学問で言えば本当に基礎的な部分に相当するので、これを習得するメリットが見えにくいのは事実ですが、覚えておいて損はないと思います。大体、ILなんて「単純」なので、難しそうで実は簡単なんですよ!(きわめて抽象度の高い概念を覚える事に比べたら、どんな人でも覚えれる可能性があります)。

Let’s IL!!

それではまた。

ILのキホン – 第五回Center CLR年末会

WP_20151226_14_13_25_Pro_LI「ILのキホン」と言う題目で、Center CLR年末会で登壇してきました。

Center CLRも第五回で、毎回参加の方と新しく参加の方で程よく盛り上がってうれしい感じです。ChalkTalkもそうですが、遠方からわざわざ参加して頂いた方もありがとうございます。来年も継続して行きたいと思います。
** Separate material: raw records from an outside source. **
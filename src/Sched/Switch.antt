-- ===== src/Sched/Switch.antt =====
-- `proc_run` of kern/sched/sched.c and the assertions that it makes.
use zonix.Prelude.{
  ◌==◌, if◌then◌else◌, beq_ne, ℕ, ◌+◌, ◌-◌, ◌%◌, ◌^◌, ◌≡◌, refl, ◌≢◌, false, Option, none, some,
  some-injective,
}
use zonix.Mm.Setup.{kernel_base}
use zonix.Sched.{Task, Sched, running, set_state, proc_get_cr3, switch_cr3, proc_run, run_next}

-- The task has an `mm_struct`, and that has a directory.
abbrev pub HasMm : Sched → Task → Type 0
HasMm s p = ((s.tasks p).mm ≢ 0) × (s.mm_pgdir (s.tasks p).mm ≢ 0)

-- What `proc_run` makes of the state beside the control register.
abbrev pub switched : Task → ℕ → Sched → Sched
switched p cr3 s = record s { current = p; tasks = set_state p running s.tasks; cr3 = cr3 }

switch_cr3-cases :
    (next prev : Option ℕ) (s t : Sched)
    → switch_cr3 next prev s ≡ some t
    → (cr3 : ℕ) × (record s { cr3 = cr3 } ≡ t)
switch_cr3-cases none prev s t h = cc h
switch_cr3-cases (some next) none s t h = cc h
switch_cr3-cases (some next) (some prev) s t h =
    (if next == prev then s.cr3 else next, some-injective _ _ h)

-- Where another task is switched to without a failed assertion.
pub run_next-cases :
    (next : Task) (s t : Sched)
    → (next == s.current) ≡ false
    → run_next (some next) s ≡ some t
    → (cr3 : ℕ) × (switched next cr3 s ≡ t)
unfolding proc_run
run_next-cases next s t e h = switch_cr3-cases _ _ _ t (rw e at h)

proc_get_cr3-HasMm :
    (s : Sched) (p : Task)
    → HasMm s p
    → (cr3 : ℕ) × (proc_get_cr3 s.mm_pgdir (s.tasks p) ≡ some cr3)
unfolding proc_get_cr3
proc_get_cr3-HasMm s p (mm, pgdir) = (
  (s.mm_pgdir (s.tasks p).mm + 2 ^ 32 - kernel_base) % 2 ^ 32,
  rw (beq_ne (s.tasks p).mm 0 mm, beq_ne (s.mm_pgdir (s.tasks p).mm) 0 pgdir) refl,
)

-- No assertion fails for two tasks with a directory.
pub run_next-HasMm :
    (next : Task) (s : Sched)
    → (next == s.current) ≡ false
    → HasMm s next
    → HasMm s s.current
    → (cr3 : ℕ) × (run_next (some next) s ≡ some (switched next cr3 s))
unfolding proc_run
run_next-HasMm next s e there here =
    let (a, from) = proc_get_cr3-HasMm s next there in
    let (b, to) = proc_get_cr3-HasMm s s.current here in
    (if a == b then s.cr3 else a, rw (e, from, to) refl)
さて、今回のネタは結構前から決めていたものの、年末の忙しさの為に十分な時間が取れず、直前に方針を決めてバタバタしてしまいました。猛省…

と言う事だけではないんですが、ちょっとセッションの進行を変えてみました。


Intermediate Languageのキホン

ILの事については、第一回のChalkTalk CLRで「ChalkTalk CLR – 動的コード生成技術(式木・IL等)」と題してディスカッションを行ったのですが、今回は本会でその展開をしようと思ったのです。

briefingしかし、ただILを説明したのでは、実際にILを使う具体的なシチュエーションでも提起できない限り、右から左へ流れていってしまうだけだと考えて、ハンズオンのような形式で進行してみました。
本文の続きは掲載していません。